__Exercise brief__. Look through the data below and extract, unchanged, the lines from the one that contains "pub same_vm : c'.vm" to the one that contains "pub sound : IsSound compilers us c'", both included.

(Extracted records begins)

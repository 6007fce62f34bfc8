-- ===== src/Collector/Collect.antt =====
-- A whole run of `collectGarbage` of src/common/memory.cc.
use mathlib.Core.Path.{subst}
use mathlib.Core.List.{Memᴰ}
use yscript.Prelude.{
  ℕ, ◌-◌, ◌*◌, ◌≡◌, ◌↔◌, inl, inr, sym, ap, ◌∙◌, List, [], ◌++◌, Bool, none, some, if◌then◌else◌,
  length, Bool-cases,
}
use yscript.Value.{Ptr, Table}
use yscript.Table.{◌>>=◌, table_remove_white}
use yscript.Table.View.{view}
use yscript.Table.Map.{IsValid}
use yscript.Table.White.{table_remove_white-marked}
use yscript.Memory.{string_at}
use yscript.Interp.{Vm}
use yscript.Interp.Chain.{Opens}
use yscript.Interp.Chain.Insert.{HasOpen}
use yscript.Collector.{
  Collector, Sizes, is_marked, mark_roots, trace_references, remove_white, sweep, sweep_loop,
  collect_garbage,
}
use yscript.Collector.Effect.{IsMarked}
use yscript.Collector.Trace.{Reach, trace_references-Traced, Traced-reached, Tracing-roots}
use yscript.Collector.Roots.{roots, mark_roots-Marks}
use yscript.Collector.Sweep.{IsDistinct, is_marked→eq, eq→is_marked, Swept, sweep_loop-Swept}

-- The objects that are in use.
abbrev pub InUse : List Ptr → Opens → Collector → Ptr → Type 0
InUse compilers us c = Reach (roots compilers c.vm us) c.vm.memory.objects

-- Between two runs of the collector: no object is marked, the list has no object twice and has
-- every object that is in use, and the tables and the open upvalues are well formed.
pub record IsSound (compilers : List Ptr) (us : Opens) (c : Collector) : Type 0 where
  pub sized : length c.marks ≡ length c.vm.memory.objects
  pub white : (p : Ptr) → ¬ IsMarked c p
  pub no_gray : c.gray ≡ []
  pub distinct : IsDistinct c.objects
  pub listed : (p : Ptr) → InUse compilers us c p → Memᴰ p c.objects
  pub open_now : HasOpen c.vm us
  pub strings : IsValid (string_at c.vm.memory) c.vm.memory.strings

abbrev with_strings : Table → Vm → Vm
with_strings strings vm = record vm { memory = record (vm.memory) { strings = strings } }

-- What a run does: it frees the objects of the list that are not in use, and no other, and the table
-- of the strings loses those that are freed.
pub record Collected (compilers : List Ptr) (us : Opens) (c c' : Collector) : Type 0 where
  pub stays : (p : Ptr) → Memᴰ p c'.objects ↔ (Memᴰ p c.objects × InUse compilers us c p)
  pub freed_now : List Ptr
  pub freed : c'.freed ≡ c.freed ++ freed_now
  pub goes : (p : Ptr) → Memᴰ p freed_now ↔ (Memᴰ p c.objects × (¬ InUse compilers us c p))
  pub strings : Table
  pub same_vm : c'.vm ≡ with_strings strings c.vm
  pub interned :
      (p : Ptr)
      → InUse compilers us c p
      → view strings.entries p ≡ view c.vm.memory.strings.entries p
  pub dropped : (p : Ptr) → ¬ InUse compilers us c p → view strings.entries p ≡ none
  pub sound : IsSound compilers us c'

-- The two last steps, behind a tracing that has marked the objects in use.
module _ (compilers : List Ptr) (us : Opens) (c c₂ : Collector) (s : IsSound compilers us c)
    (reached : (p : Ptr) → (IsMarked c₂ p ↔ InUse compilers us c p)) (e_vm : c₂.vm ≡ c.vm)
    (e_objects : c₂.objects ≡ c.objects) where
  abbrev after : Table → List Ptr → List Bool → List Ptr → ℕ → ℕ → Collector
  after strings kept marks freed bytes limit = record c₂ {
    vm = with_strings strings c₂.vm;
    objects = kept;
    marks = marks;
    freed = c₂.freed ++ freed;
    bytes_allocated = bytes;
    next_gc = limit;
  }

  module _ (strings : Table) (kept : List Ptr) (marks : List Bool) (freed : List Ptr)
      (bytes limit : ℕ) (swept : Swept c₂.objects c₂.marks kept marks freed)
      (sized : length c₂.marks ≡ length c.vm.memory.objects) (no_gray : c₂.gray ≡ [])
      (valid : IsValid (string_at c.vm.memory) strings) where
    stays-InUse : (p : Ptr) → Memᴰ p kept ↔ (Memᴰ p c.objects × InUse compilers us c p)
    stays-InUse p = (
      λ k. let (m, h) = (swept.stays p).0 k in (subst (Memᴰ p) e_objects m, (reached p).0 h),
      λ k. (swept.stays p).1 (subst (Memᴰ p) (sym e_objects) (k.0), (reached p).1 (k.1)),
    )

    goes_unused : (p : Ptr) → Memᴰ p freed ↔ (Memᴰ p c.objects × (¬ InUse compilers us c p))
    goes_unused p = (
      λ k.
          let (m, h) = (swept.goes p).0 k in
          (subst (Memᴰ p) e_objects m, λ used. h ((reached p).1 used)),
      λ k. (swept.goes p).1 (subst (Memᴰ p) (sym e_objects) (k.0), λ e. k.1 ((reached p).0 e)),
    )

    abbrev IsSoundAt : Vm → Type 0
    IsSoundAt vm =
        IsSound compilers us (record (after strings kept marks freed bytes limit) { vm = vm })

    IsSound-after : IsSoundAt (with_strings strings c.vm)
    unfolding string_at
    IsSound-after = record {
      sized = swept.same_length ∙ sized;
      white = λ p h.
          let (marked, away) = swept.cleared p h in
          away (subst (Memᴰ p) (sym e_objects) (s.listed p ((reached p).0 marked)));
      no_gray = no_gray;
      distinct = swept.distinct;
      listed = λ p used. (stays-InUse p).1 (s.listed p used, used);
      open_now = record { chain = s.open_now.chain; few = s.open_now.few };
      strings = valid;
    }

    Collected-after :
        c₂.freed ≡ c.freed
        → ((p : Ptr)
            → view strings.entries p
              ≡ (if is_marked c₂.marks p then view c.vm.memory.strings.entries p else none))
        → Collected compilers us c (after strings kept marks freed bytes limit)
    Collected-after e_freed views = record {
      stays = stays-InUse;
      freed_now = freed;
      freed = ap (λ fs. fs ++ freed) e_freed;
      goes = goes_unused;
      strings = strings;
      same_vm = ap (with_strings strings) e_vm;
      interned = λ p used. views p ∙ rw (eq→is_marked c₂.marks p ((reached p).1 used));
      dropped = λ p unused. elim (Bool-cases (is_marked c₂.marks p)) [
        | inl m ↦ absurd (unused ((reached p).0 (is_marked→eq c₂.marks p m)))
        | inr m ↦ views p ∙ rw m
      ];
      sound = subst IsSoundAt (ap (with_strings strings) (sym e_vm)) IsSound-after;
    }

collect_garbage-steps :
    (sizes : Sizes) (compilers : List Ptr) (c c₁ c₂ c₃ : Collector)
    → mark_roots compilers c ≡ some c₁
    → trace_references c₁ ≡ some c₂
    → remove_white c₂ ≡ some c₃
    → collect_garbage sizes compilers c
      ≡ some (record (sweep sizes c₃) { next_gc = (sweep sizes c₃).bytes_allocated * 2 })
unfolding collect_garbage
collect_garbage-steps sizes compilers c c₁ c₂ c₃ marking tracing whitening =
    rw (collect_garbage, marking, ◌>>=◌, tracing, ◌>>=◌, whitening, ◌>>=◌)

remove_white-steps :
    (c : Collector) (strings : Table)
    → table_remove_white (string_at c.vm.memory) (is_marked c.marks) c.vm.memory.strings
      ≡ some strings
    → remove_white c ≡ some (record c { vm = with_strings strings c.vm })
unfolding remove_white
remove_white-steps c strings whitening = rw (remove_white, whitening, ◌>>=◌)

-- Between two runs of the collector, `collectGarbage` ends: the objects that the roots lead to stay on the list,
-- the others of the list are freed and lose their entries in the table of strings, and the state is sound again.
pub collect_garbage-Collected :
    (sizes : Sizes) (compilers : List Ptr) (us : Opens) (c : Collector)
    → IsSound compilers us c
    → (c' : Collector) × (collect_garbage sizes compilers c ≡ some c') × Collected compilers us c c'
unfolding sweep
collect_garbage-Collected sizes compilers us c s =
    let from = roots compilers c.vm us in
    let (c₁, marking, m) = mark_roots-Marks compilers c us s.open_now in
    let (c₂, tracing, d) =
      trace_references-Traced from c.vm.memory.objects c₁
        (Tracing-roots from c c₁ s.sized s.white s.no_gray m) in
    let reached = Traced-reached from c.vm.memory.objects c₁ c₂ d in
    let e_vm = d.same_vm ∙ m.same_vm in
    let e_objects = d.same_objects ∙ m.same_objects in
    let (strings, whitening, valid, views) =
      table_remove_white-marked (string_at c.vm.memory) (is_marked c₂.marks) c.vm.memory.strings
        s.strings in
    let swept =
      sweep_loop-Swept sizes c₂.vm.memory.objects c₂.objects c₂.marks
        (subst IsDistinct (sym e_objects) s.distinct) in
    let r = sweep_loop sizes c₂.vm.memory.objects c₂.objects c₂.marks in
    (
      after compilers us c c₂ s reached e_vm e_objects strings (r.0) (r.1) (r.2)
          (c₂.bytes_allocated - r.3) ((c₂.bytes_allocated - r.3) * 2),
      collect_garbage-steps sizes compilers c c₁ c₂ (record c₂ { vm = with_strings strings c₂.vm })
          marking tracing
          (remove_white-steps c₂ strings (
            subst
              (λ (vm : Vm).
                table_remove_white (string_at vm.memory) (is_marked c₂.marks) vm.memory.strings
                ≡ some strings)
              (sym e_vm) whitening)),
      Collected-after compilers us c c₂ s reached e_vm e_objects strings (r.0) (r.1) (r.2)
          (c₂.bytes_allocated - r.3) ((c₂.bytes_allocated - r.3) * 2) swept d.tracing.sized
          d.no_gray valid (d.same_freed ∙ m.same_freed) views,
    )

(Extracted records ends)

__Output below__.
  pub same_vm : c'.vm ≡ with_strings strings c.vm
  pub interned :
      (p : Ptr)
      → InUse compilers us c p
      → view strings.entries p ≡ view c.vm.memory.strings.entries p
  pub dropped : (p : Ptr) → ¬ InUse compilers us c p → view strings.entries p ≡ none
  pub sound : IsSound compilers us c'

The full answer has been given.